The next two predictive models considered include logistic regression and KNN classifier. The logistic regression model offers only moderate performance across all metrics. While the model is interpret able and works well, it under performs compared to the random forest and SVM models. The logistic regression model has potential for improvement given certain adjustments. KNN has the highest error rate and the lowest precision score, making it the weakest predictor. This is not surprising. Given class imbalance of response variable, $Exited, KNN classifier will perform worse in relation to the underlying test data than will models such as SVM or random forest because the model is prone to being influenced by outliers. Further adjustments would improve model performance.

Models = c("KNN k=5","Logistic Reg", "Random Forest", "SVM")
Error.Rate = c("0.2402291","0.1879374","0.137954","0.203932")
Precision = c(0.1751412,0.210784314,0.2295082,0.7704918)
Precision = round(Precision, 3) 
text_tbl = data.frame(Models, Error.Rate, Precision)

kable(text_tbl) %>%
  kable_styling(bootstrap_options = "striped", full_width = F) 

Models	Error.Rate	Precision
KNN k=5	0.2402291	0.175
Logistic Reg	0.1879374	0.211
Random Forest	0.137954	0.230
SVM	0.203932	0.770

- Do you think you can improve the model by adding any other information?

The SVM model can be improved by adding a “cost” penalty parameter to reduce the acceptable margin between support vectors and the hyperplane decision boundary. This would lower test error for the SVM predictive model. The logistic model could benefit by dimension reduction and shrinkage techniques to eliminate the potential that the model is currently overfitted to the underlying train data. While this would introduce an element of bias into the model, interpret ability of the model and test error in comparison to underlying test data would improve. The KNN model (and logistic regression model) could benefit from SMOTe, weighted classes, or other techniques focused on ensuring minority $Exited class variables are represented in the training and testing data set. This would further decrease test error for both models. Finally, the random forest model could benefit from boosting. This would enable a lower test error by ensuring that each subsequent model in the “forest” is trained to mitigate error expressed in the previous model’s outcomes.
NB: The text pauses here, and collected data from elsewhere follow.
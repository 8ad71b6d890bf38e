-- ===== src/Http/Final.antt =====
-- The answers that a server's clients have, whatever happens to it.
use protei_cov.Prelude.{
  ℕ, suc, ◌≡◌, ◌≢◌, ◌≤◌, ◌<◌, refl, sym, ap, subst, ◌∙◌, List, [], ◌∷◌, inl, inr, ◌==◌, Bool-cases,
  true, false, if◌then◌else◌, arith,
}
use protei_cov.Effects.{Exec, Outcome, ok, throws, fault, pure, continue, ◌>>=◌, ◌>>◌}
use protei_cov.Effects.Grows.{Order, Grows, Grows-bind, Grows-result, Grows-if}
use protei_cov.Json.{PropertyTree}
use protei_cov.Task.{Distribution}
use protei_cov.Config.ThreadSafe.{ThreadSafeConfig}
use protei_cov.Manager.{Manager, on_manager}
use protei_cov.Manager.Move.{worker_moves}
use protei_cov.Manager.Final.{
  FinalCalls, FinalBeside, chain_final_calls, same_final_calls, final_beside_order, on_config-Final,
  on_manager-Final,
}
use protei_cov.Http.Connections.{Connection, advance, wake, IsOver}
use protei_cov.Http.Visits.{Visit, its_manager, accept}
use protei_cov.Http.Serving.{
  Serving, Happening, requests, wakes, moves, first_look, minutes, watches, Watching, on_state,
  add_connection, set_connection, set_watching, on_watch, happens, serve, see_file, watch_on,
  keep_time,
}
mod Steps
use protei_cov.Http.Final.Steps.{
  accept-Final, advance-Final, advance-IsOver, worker_moves-Final, see_file-Final, watch_on-Final,
  over-wake,
}

-- What is settled in `s` is in `s'` what it was: the promises of its calls that are satisfied, and its
-- connections that have ended, with their replies.
pub record Settled {P : Type 0} (s s' : Serving P) : Type 0 where
  pub calls : FinalCalls s.state.1 s'.state.1
  pub later : s.accepted ≤ s'.accepted
  pub over :
      (k : ℕ) → k < s.accepted → IsOver (s.connections k) → s'.connections k ≡ s.connections k

module _ {P : Type 0} where
  chain_settled : {s s' s'' : Serving P} → Settled s s' → Settled s' s'' → Settled s s''
  chain_settled a b = record {
    calls = chain_final_calls a.calls b.calls;
    later = omega (arith, a.later, b.later);
    over = λ k lt o.
        let e = a.over k lt o in
        let e' = b.over k (omega (arith, lt, a.later)) (subst IsOver (sym e) o) in e' ∙ e;
  }

  -- A step that leaves the connections alone.
  beside :
      {s s' : Serving P}
      → FinalCalls s.state.1 s'.state.1
      → s'.accepted ≡ s.accepted
      → s'.connections ≡ s.connections
      → Settled s s'
  beside k e e' = record { calls = k; later = omega (arith, e); over = λ j lt o. cc e' }

  instance abbrev settled_order : Order (Settled {P = P})
  settled_order = record {
    same = λ s. beside (same_final_calls s.state.1) refl refl;
    chain = chain_settled;
  }

  on_state-Settled :
      {A : Type 0} {f : Exec (ThreadSafeConfig P × Manager) A}
      → Grows FinalBeside f
      → Grows Settled (on_state f)
  on_state-Settled k = record { at = λ s. beside (k.at s.state) refl refl }

  add_connection-Settled : (c : Connection) → Grows Settled (add_connection {P = P} c)
  add_connection-Settled c = record {
    at = λ s. record {
      calls = same_final_calls s.state.1;
      later = omega arith;
      over = λ k lt o. ground arith;
    };
  }

  -- Where a connection's thread makes a step.
  stepped :
      (s : Serving P) (k : ℕ) (r : Outcome Connection × (ThreadSafeConfig P × Manager))
      → FinalBeside s.state r.1
      → (IsOver (s.connections k) → r.0 ≡ ok (s.connections k))
      → Settled s (continue (set_connection k) (r.0, record s { state = r.1 })).1
  stepped s k (throws e, s') fin same = beside fin refl refl
  stepped s k (fault, s') fin same = beside fin refl refl
  stepped s k (ok c, s') fin same = record {
    calls = fin;
    later = omega arith;
    over = λ j lt o. elim (Bool-cases (k == j)) [
      | inr ne ↦ rw ne refl
      | inl e ↦
          let at_k : k ≡ j = ground arith in
          let there = subst (λ i. IsOver (s.connections i)) (sym at_k) o in
          let now : c ≡ s.connections j = cc (same there, at_k) in
          rw e (over-wake s'.1.system.world c (subst IsOver (sym now) o) ∙ now)
    ];
  }

  module _ (boost : PropertyTree P) (d : Distribution) where
    on_watch-Settled :
        (f : Watching → Exec (ThreadSafeConfig P × Manager) Watching)
        → ((w : Watching) → Grows FinalBeside (f w))
        → Grows Settled (on_watch boost d f)
    on_watch-Settled f k = record {
      at = λ s.
          (Grows-if s.state.0.monitoring
              (Grows-bind (on_state (f s.watching)) set_watching (on_state-Settled (k s.watching))
                λ w. record { at = λ s'. beside (same_final_calls s'.state.1) refl refl })
              (Grows-result _)).at
            s;
    }

    happens-Settled : (h : Happening) → Grows Settled (happens boost d h)
    happens-Settled (requests v is_get path) =
        Grows-bind (on_state (accept boost d v is_get path)) add_connection
          (on_state-Settled (accept-Final boost d v is_get path)) add_connection-Settled
    happens-Settled (wakes v k) = record {
      at = λ s.
          stepped s k (advance (its_manager boost d v) (s.connections k) s.state)
            ((advance-Final boost d v (s.connections k)).at s.state)
            λ o. ap (λ r. r.0) (advance-IsOver boost d v (s.connections k) s.state o);
    }
    happens-Settled (moves t) = on_state-Settled (on_manager-Final (worker_moves-Final boost d t))
    happens-Settled (first_look t) =
        on_watch-Settled (λ w. keep_time t >> pure w)
          λ w. Grows-bind (keep_time t) (λ _. pure w) (on_config-Final _) λ _. Grows-result _
    happens-Settled (minutes t host) =
        on_watch-Settled (see_file boost d t host) (see_file-Final boost d t host)
    happens-Settled (watches joining) =
        on_watch-Settled (watch_on boost d joining) (watch_on-Final boost d joining)

    serving : (hs : List Happening) → Grows Settled (serve boost d hs)
    unfolding serve
    serving [] = Grows-result _
    serving (h ∷ hs) =
        Grows-bind (happens boost d h) (λ _. serve boost d hs) (happens-Settled h) λ _. serving hs

    -- A client's answer is final. Whatever happens to a server in any state, in order or not: requests,
    -- steps of connections' threads, moves of operators, renewals of the pool, whether the steps return,
    -- throw or are undefined: every promise of a call so far that is satisfied keeps its result or
    -- exception, and every connection that has ended stays as it is, with the reply that it wrote.
    pub serve-Settled : (hs : List Happening) (s : Serving P) → Settled s (serve boost d hs s).1
    serve-Settled hs = (serving hs).at
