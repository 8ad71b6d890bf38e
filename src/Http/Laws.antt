-- ===== src/Http/Laws.antt =====
-- What a client of the server gets back.
use protei_cov.Prelude.{
  ℕ, ◌≡◌, refl, Bool, true, false, Option, none, some, [], ◌∷◌, ◌++◌, if◌then◌else◌, Text, codes,
  arith, Bool-cases, inl, inr,
}
use protei_cov.Effects.{Outcome, ok, throws, fault, is_future_error}
use protei_cov.Stdlib.Decimal.{show_nat, show_int}
use protei_cov.CallRecord.{
  CallStatus, awaiting, completed, duplication, overloaded, rejected, timeout, CallResult,
}
use protei_cov.Http.Defs.{
  HttpStatus, http_ok, conflict, too_many_requests, not_acceptable, request_timeout, forbidden,
  not_found, Response, strip_prefix, reply_status, status_word, work_with_call_status, Future,
  result, exception, IManager, handle_request, handle_http_request, process_phone_call,
  process_update,
}

-- `find(prefix) == 0` and `substr`: the text is the prefix and then the rest.
pub strip_prefix_iff : (p s rest : Text) → strip_prefix p s ≡ some rest → s ≡ p ++ rest
unfolding strip_prefix
strip_prefix_iff [] s rest e = ground arith
strip_prefix_iff (p ∷ ps) [] rest e = ground arith
strip_prefix_iff (p ∷ ps) (c ∷ cs) rest e = ground (arith, strip_prefix_iff ps cs rest)

pub strip_prefix_append : (p rest : Text) → strip_prefix p (p ++ rest) ≡ some rest
unfolding strip_prefix
strip_prefix_append [] rest = refl
strip_prefix_append (p ∷ ps) rest = ground (arith, strip_prefix_append ps rest)

abbrev pub Sent : Outcome (Option Response) → HttpStatus → Text → Type 0
Sent o status body =
    (res : Response) × (o ≡ ok (some res))
    × (res.status ≡ status)
    × (res.body ≡ body)
    × (res.version ≡ 11)
    × (res.server ≡ codes "Boost.Beast HTTP Server")
    × (res.prepared ≡ true)

-- Which HTTP status and which word in the body report the status of a call.
pub data IsReported : CallStatus → HttpStatus → Text → Type 0 where
  awaiting_reported : IsReported awaiting http_ok (codes "Awaiting")
  completed_reported : IsReported completed http_ok (codes "Completed")
  duplication_reported : IsReported duplication conflict (codes "Duplication")
  overloaded_reported : IsReported overloaded too_many_requests (codes "Overloaded")
  rejected_reported : IsReported rejected not_acceptable (codes "rejected")
  timeout_reported : IsReported timeout request_timeout (codes "timeout")

reply_status-IsReported : (s : CallStatus) → IsReported s (reply_status s) (status_word s)
reply_status-IsReported awaiting = awaiting_reported
reply_status-IsReported completed = completed_reported
reply_status-IsReported duplication = duplication_reported
reply_status-IsReported overloaded = overloaded_reported
reply_status-IsReported rejected = rejected_reported
reply_status-IsReported timeout = timeout_reported

-- The body of a reply to a call, with a word for its status.
abbrev pub call_body : ℕ → CallResult → Text → Text
call_body id r word =
    (codes "CallID: "
      ++ (show_nat id ++ (codes " call duration: " ++ (show_int r.call_duration ++ codes "s"))))
    ++ (codes "\n Status: " ++ (word ++ codes "\n"))

-- The reply `o` reports the result `r` of a call.
abbrev pub Reports : ℕ → CallResult → Outcome (Option Response) → Type 0
Reports id r o =
    (status : HttpStatus) × (word : Text) × IsReported r.status status word
    × Sent o status (call_body id r word)

module _ {S : Type 0} (manager : IManager S) (s : S) where
  abbrev phone_path : Text → Text
  phone_path number = codes "/phone=" ++ number

  abbrev reply : Text → Outcome (Option Response) × S
  reply path = handle_http_request true manager true path s

  -- What a client that called `/phone=` gets for what the manager's `addTask` comes to: the result of
  -- the call under the HTTP status of its call status, with its id and length; for a future_error a
  -- reply 200 with an empty body; for any other exception no reply at all.
  abbrev pub Answered : Outcome (ℕ × Future) → Outcome (Option Response) → Type 0
  Answered (ok (id, result r)) o = Reports id r o
  Answered (ok (id, exception e)) o = if is_future_error e then Sent o http_ok [] else o ≡ ok none
  Answered (throws e) o = if is_future_error e then Sent o http_ok [] else o ≡ ok none
  Answered fault o = o ≡ fault

  phone_reply_of :
      (number : Text) (m : Outcome (ℕ × Future) × S)
      → manager.add_task number s ≡ m
      → Answered m.0 (reply (phone_path number)).0 × ((reply (phone_path number)).1 ≡ m.1)
  unfolding handle_http_request handle_request process_phone_call strip_prefix work_with_call_status
  phone_reply_of number (ok (id, result r), s') e =
      rw e ((_, _, reply_status-IsReported r.status, (_, refl, refl, refl, refl, refl, refl)), refl)
  phone_reply_of number (ok (id, exception x), s') e = elim (Bool-cases (is_future_error x)) [
    | inl h ↦ rw (e, h) ((_, refl, refl, refl, refl, refl, refl), refl)
    | inr h ↦ rw (e, h) (refl, refl)
  ]
  phone_reply_of number (throws x, s') e = elim (Bool-cases (is_future_error x)) [
    | inl h ↦ rw (e, h) ((_, refl, refl, refl, refl, refl, refl), refl)
    | inr h ↦ rw (e, h) (refl, refl)
  ]
  phone_reply_of number (fault, s') e = rw e (refl, refl)

  -- The reply to `/phone=` for whatever the manager's `addTask` comes to. For a result it has the
  -- call's id, its length and a word for its status in the body, and the HTTP status for it: 200 for
  -- completed and awaiting, 409 for duplication, 429 for overloaded, 406 for rejected, 408 for
  -- timeout. For a future_error it is 200 with an empty body; for any other exception there is none,
  -- and where `addTask` is undefined, so is the handler. The state is the one that `addTask` left.
  pub phone_reply :
      (number : Text)
      → Answered (manager.add_task number s).0 (reply (phone_path number)).0
        × ((reply (phone_path number)).1 ≡ (manager.add_task number s).1)
  phone_reply number = phone_reply_of number (manager.add_task number s) refl

  -- A path that is neither `/phone=` nor `/update` at its beginning gets 404, and the manager is not
  -- asked.
  pub unknown_path :
      (path : Text)
      → strip_prefix (codes "/phone=") path ≡ none
      → strip_prefix (codes "/update") path ≡ none
      → Sent (reply path).0 not_found (codes "Not Found") × ((reply path).1 ≡ s)
  unfolding handle_http_request handle_request
  unknown_path path p u = rw (p, u) ((_, refl, refl, refl, refl, refl, refl), refl)

  -- What a client that asked for an update gets for what the manager's answer comes to.
  abbrev pub UpdateAnswered : Outcome Bool → Outcome (Option Response) → Type 0
  UpdateAnswered (ok true) o = Sent o http_ok (codes "Updated")
  UpdateAnswered (ok false) o = Sent o forbidden (codes "Could not update")
  UpdateAnswered (throws e) o = o ≡ ok none
  UpdateAnswered fault o = o ≡ fault

  update_reply_of :
      (rest : Text) (m : Outcome Bool × S)
      → manager.process_request_for_update s ≡ m
      → UpdateAnswered m.0 (reply (codes "/update" ++ rest)).0
        × ((reply (codes "/update" ++ rest)).1 ≡ m.1)
  unfolding handle_http_request handle_request process_update strip_prefix
  update_reply_of rest (ok true, s') e = rw e ((_, refl, refl, refl, refl, refl, refl), refl)
  update_reply_of rest (ok false, s') e = rw e ((_, refl, refl, refl, refl, refl, refl), refl)
  update_reply_of rest (throws x, s') e = rw e (refl, refl)
  update_reply_of rest (fault, s') e = rw e (refl, refl)

  -- Every path that begins with `/update` asks the manager for an update: the client gets 200 or 403
  -- as it says, and no reply where it throws.
  pub update_reply :
      (rest : Text)
      → UpdateAnswered (manager.process_request_for_update s).0 (reply (codes "/update" ++ rest)).0
        × ((reply (codes "/update" ++ rest)).1 ≡ (manager.process_request_for_update s).1)
  update_reply rest = update_reply_of rest (manager.process_request_for_update s) refl
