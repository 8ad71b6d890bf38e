-- ===== src/Manager/Events.antt =====
-- The days of a manager: calls, moves of the operators, changes of the settings, pauses.
use protei_cov.Prelude.{ℕ, ◌≡◌, Option, none, some, List, [], ◌∷◌, Text}
use protei_cov.Effects.{Exec, pure, try_catch, ◌>>=◌, ◌>>◌}
use protei_cov.Task.{Distribution}
use protei_cov.Pool.Join.{Turn}
use protei_cov.Manager.Defs.{
  IConfig, Manager, Arrival, add_task, update, set_new_config, start_thread_pool, stop_thread_pool,
  on_manager,
}
use protei_cov.Manager.Laws.{IsLawful}
use protei_cov.Manager.Move.{worker_moves}
use protei_cov.Manager.Replace.{IsFair}

-- `joining` is how the threads of a pool of each size move while its destructor waits for them.
pub data Event (C : Type 0) : Type 0 where
  calls : Arrival → Text → Event C
  moves : Turn → Event C
  updates : (joining : ℕ → List Turn) → Event C
  takes_config : C → (joining : ℕ → List Turn) → Event C
  starts stops : Event C

abbrev pub gained : Option ℕ → List ℕ → List ℕ
gained none ps = ps
gained (some p) ps = p ∷ ps

module _ {C : Type 0} (config : IConfig C Manager) (d : Distribution) where
  abbrev pub current_size : C × Manager → ℕ
  current_size s = s.1.system.pool.size

  -- The promise that a caller of `addTask` gets; an exception is the caller's.
  abbrev pub step : Event C → Exec (C × Manager) (Option ℕ)
  step (calls a number) s =
      try_catch (on_manager (do r ← add_task a number; pure (some r.1))) (λ e. pure none) s
  step (moves t) s = (on_manager (worker_moves d t) >> pure none) s
  step (updates joining) s = (update config d (joining (current_size s)) >> pure none) s
  step (takes_config c joining) s =
      (set_new_config config d (joining (current_size s)) c >> pure none) s
  step starts s = (on_manager start_thread_pool >> pure none) s
  step stops s = (on_manager stop_thread_pool >> pure none) s

  -- The promises of the calls, in their order.
  unfoldable pub run : List (Event C) → Exec (C × Manager) (List ℕ)
  run [] = pure []
  run (e ∷ es) = do p ← step e; ps ← run es; pure (gained p ps)

-- An event that does not stop the pool.
abbrev pub IsBusy : {C : Type 0} → Event C → Type 0
IsBusy stops = ⊥
IsBusy (calls a number) = Unit {0}
IsBusy (moves t) = Unit {0}
IsBusy (updates joining) = Unit {0}
IsBusy (takes_config c joining) = Unit {0}
IsBusy starts = Unit {0}

-- The random device works, schedules are fair, and new configs are good.
abbrev pub IsAllowed :
    {C : Type 0} {config : IConfig C Manager} → IsLawful config → Event C → Type 0
IsAllowed law (calls a number) = Unit {0}
IsAllowed law (moves t) = (seed : ℕ) × (t.env.entropy ≡ some seed)
IsAllowed law (updates joining) = (n : ℕ) → IsFair n (joining n)
IsAllowed law (takes_config c joining) = law.IsGood c × ((n : ℕ) → IsFair n (joining n))
IsAllowed law starts = Unit {0}
IsAllowed law stops = Unit {0}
NN model was not considered in this assignment, but such a model has the potential to accurately predict test error if properly trained using multiple hidden layers and non-linear activation functions to simulate real-world scenarios and probability to a great extent.

2. (10 points) What are your learning outcomes for this assignment? Please focus on your learning outcomes in terms of predictive analytics, model interpretations, and R skills.

Upon conclusion of this assignment, I have come to the realization that a predictive model functions only as good as the underlying assumptions and data. This requires knowledge of steps involved in inspecting the underlying data set, cleaning the data set, and performing EDA to develop an initial understanding of the data (once cleansed) and the predictive models that are best suited to accurately predicting outcomes. Upon completion of this preliminary stage, I was able to further develop my understanding of logistic regression, KNN classifier, SVM, and tree based decision (particularly random forest) models. Using the Bank Customer churn Rate data set for all 4 models allowed me to better understand the similarities and differences among the 4 models, both in constructing and in evaluating results. By conducting this project in RStudio, I was able to gain hands on experience using a versatile programming language to apply statistical concepts in creating 4 models. By doing so, I gained a deeper knowledge of how to code using a variety of new packages, such as e1071. I look forward to applying lessons learned in this project to future professional and academic efforts.